**Task requirements**
Of all the entries below, only the lines from the one with "small_table-IsTable (rw small_contacts" up to and including the one with "accepts = λ address sent. true;" are to be duplicated exactly.

Data excerpts
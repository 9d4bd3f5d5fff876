-- ===== src/Dht/Tests/Values.antt =====
-- Lookups of a value, at concrete nodes and networks.
use mesh_net.Sort.{sort_slice}
use mesh_net.Base.{
  ◌+◌, ◌*◌, ◌≤◌, ◌≡◌, refl, true, none, some, List, [], ◌∷◌, ◌⊎◌, Bytes, codes, arith, insert, sym,
  length, big_endian, lookup, bytes_eq,
}
use mesh_net.Outcome.{ok}
use mesh_net.Dht.NodeId.{
  pos, to_string, hex_encode, hex_decode, node_id_from_hex, copy_32, bucket_index,
}
use mesh_net.Dht.Contact.{Contact}
use mesh_net.Dht.Table.{add, closest, new_routing_table, add_to_bucket, index_of, bucket_size}
use mesh_net.Dht.Store.{new_store, record_id, get_public, get}
use mesh_net.Dht.Rpc.{
  frame, msg_found_value, read_message, read_full, read_body, write_message, put_uint_32,
  ContactInfo,
}
use mesh_net.Dht.Env.{Network, addr}
use mesh_net.Dht.Client.{send_find_value, exchange, read_value, found, closer}
use mesh_net.Dht.Lookup.{
  new_lookup_state, next_batch, next_batch_from, mark_contacted, is_contacted,
}
use mesh_net.Dht.Node.{local_value}
use mesh_net.Dht.Walk.{decode_infos}
use mesh_net.Dht.ValueLookup.{
  ValueLookup, begin_lookup, settle, Answered, Run, finished, choosing, waiting, returned, asking,
  launch, mark, answer, receive, here, next,
}
use mesh_net.Dht.ValueLookup.Valid.{AnswersAmong}
use mesh_net.Dht.ValueLookup.Measure.{Progress, lookup_value-Ends}
use mesh_net.Dht.ValueLookup.Origin.{IsAnswered, lookup_value-sourced, answer_returned_or_dropped}
use mesh_net.Dht.Tests.Samples.{
  sample_id, sample_contact, small_table-IsTable, toy-IsCrypto, toy_env, sample_record,
}
use mesh_net.Dht.Tests.Walks.{
  small_node, universe, nine_net, nine, nine_among, five_among, small_contacts,
}

abbrev IsNine : Network → Type 0
IsNine net = net ≡ nine_net 0

abbrev nine_infos : List ContactInfo
nine_infos = record { id = to_string (sample_id 9); addr = 2 ∷ 5 ∷ []; port = pos 9_001 } ∷ []

abbrev web : Bytes
web = codes "web"

abbrev start : ValueLookup
start = record {
  phase = choosing;
  lookup = record {
    target = sample_id 7;
    self = sample_id 0;
    contacted = [];
    candidates = sample_contact 5 ∷ [];
  };
  table = small_node.table;
  channel = none;
  workers = [];
}

-- The goroutine of the contact 5 has marked it.
abbrev asked : ValueLookup
asked = record start {
  phase = waiting;
  lookup = record start.lookup { contacted = (sample_id 5, true) ∷ [] };
  workers = asking (sample_contact 5) ∷ [];
}

nine_answer :
    (c : Contact)
    → send_find_value toy_env (nine_net 0) (addr toy_env c) small_node.table.self web []
      ≡ ok (closer (some nine_infos))
unfolding send_find_value exchange write_message read_message read_full frame put_uint_32 to_string
    hex_encode read_body read_value big_endian
nine_answer c = refl

nine_decoded : decode_infos toy_env nine_infos ≡ nine ∷ []
unfolding decode_infos node_id_from_hex hex_decode copy_32 to_string hex_encode
nine_decoded = refl

net-AnswersAmong : AnswersAmong toy_env IsNine small_node.table.self web [] universe
net-AnswersAmong c infos (net, same, e) =
    let known : nine_infos ≡ infos = ground (arith, rw same at e, nine_answer c) in
    rw (sym known, nine_decoded) nine_among

seeds : closest small_node.table (sample_id 7) bucket_size ≡ sample_contact 5 ∷ []
unfolding closest sort_slice
seeds = rw small_contacts refl

-- The lookup of a name that the node does not hold begins with the contact 5.
begun : begin_lookup toy_env 0 small_node web [] ≡ start
unfolding begin_lookup local_value get_public get lookup record_id new_store copy_32
    new_lookup_state bytes_eq add new_routing_table bucket_index add_to_bucket index_of
begun = rw seeds refl

start_batch : next_batch start.lookup ≡ sample_contact 5 ∷ []
unfolding next_batch next_batch_from is_contacted lookup
start_batch = refl

first_step :
    (Occurs : Network → Type 0)
    → Run toy_env Occurs small_node.table.self web []
        (begin_lookup toy_env 0 small_node web [])
        2
        asked
unfolding mark_contacted lookup insert
first_step Occurs = rw begun (
    next (next here (launch (sample_contact 5) [] refl start_batch refl) refl)
      (mark [] [] (sample_contact 5) refl refl) refl)

lookup_value-Ends_example :
    (2 ≤ 10 * length universe + 1) × Progress toy_env IsNine small_node.table.self web [] asked
lookup_value-Ends_example =
    lookup_value-Ends universe toy_env IsNine 0 small_node web [] 2 asked toy-IsCrypto
      small_table-IsTable (rw small_contacts five_among) net-AnswersAmong (first_step IsNine)

-- Every peer answers each request with the record "web", which nobody has to have signed.
abbrev value_net : Network
value_net = record {
  reachable = λ address. true;
  accepts = λ address sent. true;
  response = λ address sent. frame msg_found_value web;
}

abbrev IsValueNet : Network → Type 0
IsValueNet net = net ≡ value_net

value_answer :
    (c : Contact)
    → Answered toy_env IsValueNet small_node.table.self web [] c (ok (found sample_record))
unfolding send_find_value exchange write_message read_message read_full frame put_uint_32 to_string
    hex_encode read_body read_value big_endian
value_answer c = (value_net, refl, refl)

abbrev returns_record : ValueLookup
returns_record = record asked {
  phase = returned (ok (some sample_record));
  workers = finished ∷ [];
}

value_returned :
    Run toy_env IsValueNet small_node.table.self web []
      (begin_lookup toy_env 0 small_node web [])
      4
      returns_record
unfolding settle
value_returned =
    next
      (next (first_step IsValueNet)
        (answer [] [] (sample_contact 5) (ok (found sample_record)) refl
          (value_answer (sample_contact 5)) refl)
        refl)
      (receive sample_record refl refl refl) refl

lookup_value-sourced_example :
    (local_value 0 small_node.store web [] ≡ some sample_record)
    ⊎ IsAnswered toy_env IsValueNet small_node.table.self web [] sample_record
lookup_value-sourced_example =
    lookup_value-sourced toy_env IsValueNet small_node.table.self web [] 0 small_node 4
      returns_record sample_record value_returned refl

answer_returned_or_dropped_example :
    ((t : ValueLookup) × Run toy_env IsValueNet small_node.table.self web [] asked 2 t
      × (t.phase ≡ returned (ok (some sample_record))))
    × ((t : ValueLookup) × Run toy_env IsValueNet small_node.table.self web [] asked 2 t
        × (t.phase ≡ choosing)
        × (t.channel ≡ some sample_record))
answer_returned_or_dropped_example =
    answer_returned_or_dropped toy_env IsValueNet small_node.table.self web [] asked [] []
      (sample_contact 5) sample_record refl refl refl (refl, tt) (value_answer (sample_contact 5))
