-- ===== src/Pairing.antt =====
-- The package `pairing`: the book of paired devices (pairing/contacts.go) and the sessions that pair
-- two of them (pairing/pairing.go).
pub mod Contacts
pub mod Session
mod Tests
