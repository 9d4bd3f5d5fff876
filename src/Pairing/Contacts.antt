-- ===== src/Pairing/Contacts.antt =====
-- The contact book of pairing/contacts.go. Each operation holds the book's lock throughout, so it is
-- one step. `range` is the order in which a `range` loop visits the entries of the map, which Go
-- leaves open. `contacts.json` is a parameter: what `os.ReadFile` gives, and how `os.WriteFile` ends.
pub mod Kept
pub mod Stored
pub mod Search
use mesh_net.Base.{
  ℕ, ◌≡◌, Bool, true, false, if◌then◌else◌, Option, none, some, List, [], ◌∷◌, map, Bytes, bytes_eq,
  lookup, insert,
}
use mesh_net.Outcome.{
  FileRead, content, missing, unreadable, Outcome, ok, err, contacts_not_read, contacts_not_parsed,
  contacts_not_written,
}
use mesh_net.Dht.Env.{Codec}

-- `paired_at` is a reading of the clock.
pub record Contact : Type 0 where
  pub name : Bytes
  pub address : Bytes
  pub public_key : Bytes
  pub paired_at : ℕ

pub record ContactBook : Type 0 where
  pub contacts : List (Bytes × Contact)

-- `range` over the map, for its values.
abbrev pub Range : Type 0
Range = List (Bytes × Contact) → List (Bytes × Contact)

-- The entries that `append` collects in a nil slice: none of them leave it nil.
abbrev pub appended : List Contact → Option (List Contact)
appended [] = none
appended (c ∷ cs) = some (c ∷ cs)

abbrev pub listed : Option (List Contact) → List Contact
listed none = []
listed (some cs) = cs

unfoldable pub add : ContactBook → Contact → ContactBook
add b c = record b { contacts = insert c.public_key c b.contacts }

-- The loop of `LoadContacts`.
unfoldable pub fill : List (Bytes × Contact) → List Contact → List (Bytes × Contact)
fill m [] = m
fill m (c ∷ cs) = fill (insert c.public_key c m) cs

unfoldable pub load_contacts : Codec (Option (List Contact)) → FileRead → Outcome ContactBook
load_contacts json missing = ok (record { contacts = [] })
load_contacts json unreadable = err contacts_not_read
load_contacts json (content text) = elim (json.unmarshal text) [
  | none ↦ err contacts_not_parsed
  | some cs ↦ ok (record { contacts = fill [] (listed cs) })
]

-- The loop of `FindByName`.
unfoldable pub first_named : Bytes → List (Bytes × Contact) → Option Contact
first_named name [] = none
first_named name ((k, c) ∷ m) = if bytes_eq c.name name then some c else first_named name m

-- The loop of `FindByAddress`.
unfoldable pub first_at : Bytes → List (Bytes × Contact) → Option Contact
first_at addr [] = none
first_at addr ((k, c) ∷ m) = if bytes_eq c.address addr then some c else first_at addr m

module _ (range : Range) where
  unfoldable pub all : ContactBook → Option (List Contact)
  all b = appended (map (λ e. e.1) (range b.contacts))

  -- The bytes that are written, and the result. `written` tells whether `os.WriteFile` succeeds.
  unfoldable pub save :
      Codec (Option (List Contact)) → Bool → ContactBook → Bytes × Outcome (Unit {0})
  save json written b = (
    json.marshal (appended (map (λ e. e.1) (range b.contacts))),
    if written then ok tt else err contacts_not_written,
  )

  unfoldable pub find_by_name : ContactBook → Bytes → Option Contact
  find_by_name b name = first_named name (range b.contacts)

  unfoldable pub find_by_address : ContactBook → Bytes → Option Contact
  find_by_address b addr = first_at addr (range b.contacts)
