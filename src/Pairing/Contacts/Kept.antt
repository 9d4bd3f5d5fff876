-- ===== src/Pairing/Contacts/Kept.antt =====
-- The contact book of pairing/contacts.go as a map: what `Add` and `LoadContacts` keep, and what the
-- searches find, whatever the order of a `range` loop.
use mathlib.Core.List.{Permᴰ}
use mathlib.Core.Path.{subst, subst₂}
use mesh_net.Base.{
  ◌≡◌, refl, sym, ap, ap₂, ◌∙◌, Bool, true, false, ◌||◌, if◌then◌else◌, some, inl, inr, List, [],
  ◌∷◌, Bytes, bytes_eq, bytes_eq_iff, bytes_eq_sym, lookup, insert, lookup-insert, All, arith,
  Bool-cases,
}
use mesh_net.Pairing.Contacts.{Contact, ContactBook, Range, add, fill}

abbrev pub Entries : Type 0
Entries = List (Bytes × Contact)

unfoldable pub has_key : Bytes → Entries → Bool
has_key k [] = false
has_key k ((j, c) ∷ m) = bytes_eq j k || has_key k m

abbrev pub HasDistinctKeys : Entries → Type 0
HasDistinctKeys [] = Unit
HasDistinctKeys ((k, c) ∷ m) = (has_key k m ≡ false) × HasDistinctKeys m

abbrev pub IsKeyed : (Bytes × Contact) → Type 0
IsKeyed e = e.1.public_key ≡ e.0

-- Each entry stands under the public key of its contact, one for each key.
pub record IsBook (m : Entries) : Type 0 where
  pub keyed : All IsKeyed m
  pub distinct : HasDistinctKeys m

-- A `range` loop visits each entry once.
abbrev pub Visits : Range → Type 0
Visits range = (m : Entries) → Permᴰ m (range m)

has_key-insert :
    (k j : Bytes) (c : Contact) (m : Entries)
    → has_key j (insert k c m) ≡ (bytes_eq k j || has_key j m)
unfolding has_key insert
has_key-insert k j c [] = refl
has_key-insert k j c ((i, d) ∷ m) =
    ground (arith, bytes_eq_iff k j, bytes_eq_iff i k, bytes_eq_iff i j, has_key-insert k j c m)

insert-IsKeyed : (c : Contact) (m : Entries) → All IsKeyed m → All IsKeyed (insert c.public_key c m)
unfolding insert
insert-IsKeyed c [] h = (refl, tt)
insert-IsKeyed c ((j, d) ∷ m) h = elim (Bool-cases (bytes_eq j c.public_key)) [
  | inl same ↦ rw same (refl, h.1)
  | inr other ↦ rw other (h.0, insert-IsKeyed c m h.1)
]

insert-HasDistinctKeys :
    (k : Bytes) (c : Contact) (m : Entries) → HasDistinctKeys m → HasDistinctKeys (insert k c m)
unfolding insert has_key
insert-HasDistinctKeys k c [] h = (refl, tt)
insert-HasDistinctKeys k c ((j, d) ∷ m) h = elim (Bool-cases (bytes_eq j k)) [
  | inl same ↦ rw same (ground (arith, h.0, bytes_eq_iff j k, same), h.1)
  | inr other ↦ rw other (
    ground (arith, h.0, has_key-insert k j c m, other, bytes_eq_sym j k),
    insert-HasDistinctKeys k c m h.1,
  )
]

-- `Add` keeps a book that holds each contact under its own public key, one for each key, such a
-- book; the contact that was added is found under its key, where it replaces what was there, and no
-- other key changes.
pub add-IsBook :
    (b : ContactBook) (c : Contact)
    → IsBook b.contacts
    → IsBook (add b c).contacts
      × ((k : Bytes)
          → lookup k (add b c).contacts
            ≡ (if bytes_eq c.public_key k then some c else lookup k b.contacts))
unfolding add
add-IsBook b c v = (
  record {
    keyed = insert-IsKeyed c b.contacts v.keyed;
    distinct = insert-HasDistinctKeys c.public_key c b.contacts v.distinct;
  },
  λ k. lookup-insert c.public_key k c b.contacts,
)

pub lookup-has_key :
    (k : Bytes) (m : Entries) (c : Contact) → lookup k m ≡ some c → has_key k m ≡ true
unfolding lookup has_key
lookup-has_key k [] c h = cc
lookup-has_key k ((j, d) ∷ m) c h = ground (arith, lookup-has_key k m c)

pub fill-IsBook : (m : Entries) (cs : List Contact) → IsBook m → IsBook (fill m cs)
unfolding fill
fill-IsBook m [] v = v
fill-IsBook m (c ∷ cs) v = fill-IsBook (insert c.public_key c m) cs (record {
  keyed = insert-IsKeyed c m v.keyed;
  distinct = insert-HasDistinctKeys c.public_key c m v.distinct;
})

has_key-permᴰ : (k : Bytes) {m n : Entries} → Permᴰ m n → has_key k m ≡ has_key k n
unfolding has_key
has_key-permᴰ k Permᴰ.nil = refl
has_key-permᴰ k (Permᴰ.cons e p) =
    ground (arith, has_key-permᴰ k p, ap (λ (x : Bytes × Contact). bytes_eq x.0 k) e)
has_key-permᴰ k (Permᴰ.swap e f) = ground (
  arith,
  ap (λ (x : Bytes × Contact). bytes_eq x.0 k) e,
  ap (λ (x : Bytes × Contact). bytes_eq x.0 k) f,
)
has_key-permᴰ k (Permᴰ.trans p q) = has_key-permᴰ k p ∙ has_key-permᴰ k q

swapped_keys :
    (a b : Bytes × Contact) (m : Entries)
    → HasDistinctKeys (a ∷ b ∷ m)
    → HasDistinctKeys (b ∷ a ∷ m)
unfolding has_key
swapped_keys a b m h =
    (ground (arith, h.0, h.1.0, bytes_eq_sym a.0 b.0), (ground (arith, h.0), h.1.1))

pub HasDistinctKeys-permᴰ : {m n : Entries} → Permᴰ m n → HasDistinctKeys m → HasDistinctKeys n
HasDistinctKeys-permᴰ Permᴰ.nil h = h
HasDistinctKeys-permᴰ (Permᴰ.cons {a} {b} {l₁} {l₂} e p) h = (
  ap (λ (x : Bytes × Contact). has_key x.0 l₂) (sym e) ∙ sym (has_key-permᴰ a.0 p) ∙ h.0,
  HasDistinctKeys-permᴰ p h.1,
)
HasDistinctKeys-permᴰ (Permᴰ.swap {a} {b} {a'} {b'} {l} e f) h =
    subst₂ (λ x y. HasDistinctKeys (x ∷ y ∷ l)) f e (swapped_keys a b l h)
HasDistinctKeys-permᴰ (Permᴰ.trans p q) h = HasDistinctKeys-permᴰ q (HasDistinctKeys-permᴰ p h)

lookup-swap :
    (k : Bytes) (a b : Bytes × Contact) (m : Entries)
    → HasDistinctKeys (a ∷ b ∷ m)
    → lookup k (a ∷ b ∷ m) ≡ lookup k (b ∷ a ∷ m)
unfolding lookup has_key
lookup-swap k a b m h =
    ground (arith, h.0, bytes_eq_iff a.0 k, bytes_eq_iff b.0 k, bytes_eq_iff b.0 a.0)

lookup-cons :
    (k : Bytes) (a b : Bytes × Contact) (m n : Entries)
    → a ≡ b
    → lookup k m ≡ lookup k n
    → lookup k (a ∷ m) ≡ lookup k (b ∷ n)
unfolding lookup
lookup-cons k a b m n e tails =
    subst (λ x. lookup k (a ∷ m) ≡ lookup k (x ∷ n)) e (ground (arith, tails))

-- A lookup does not depend on the order of the entries.
pub lookup-permᴰ :
    (k : Bytes) {m n : Entries} → Permᴰ m n → HasDistinctKeys m → lookup k m ≡ lookup k n
lookup-permᴰ k Permᴰ.nil h = refl
lookup-permᴰ k (Permᴰ.cons {a} {b} {l₁} {l₂} e p) h =
    lookup-cons k a b l₁ l₂ e (lookup-permᴰ k p h.1)
lookup-permᴰ k (Permᴰ.swap {a} {b} {a'} {b'} {l} e f) h =
    lookup-swap k a b l h ∙ ap₂ (λ x y. lookup k (x ∷ y ∷ l)) f e
lookup-permᴰ k (Permᴰ.trans p q) h =
    lookup-permᴰ k p h ∙ lookup-permᴰ k q (HasDistinctKeys-permᴰ p h)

**Solution to this problem**
      small_table-IsTable (rw small_contacts five_among) net-AnswersAmong (first_step IsNine)

-- Every peer answers each request with the record "web", which nobody has to have signed.
abbrev value_net : Network
value_net = record {
  reachable = λ address. true;
  accepts = λ address sent. true;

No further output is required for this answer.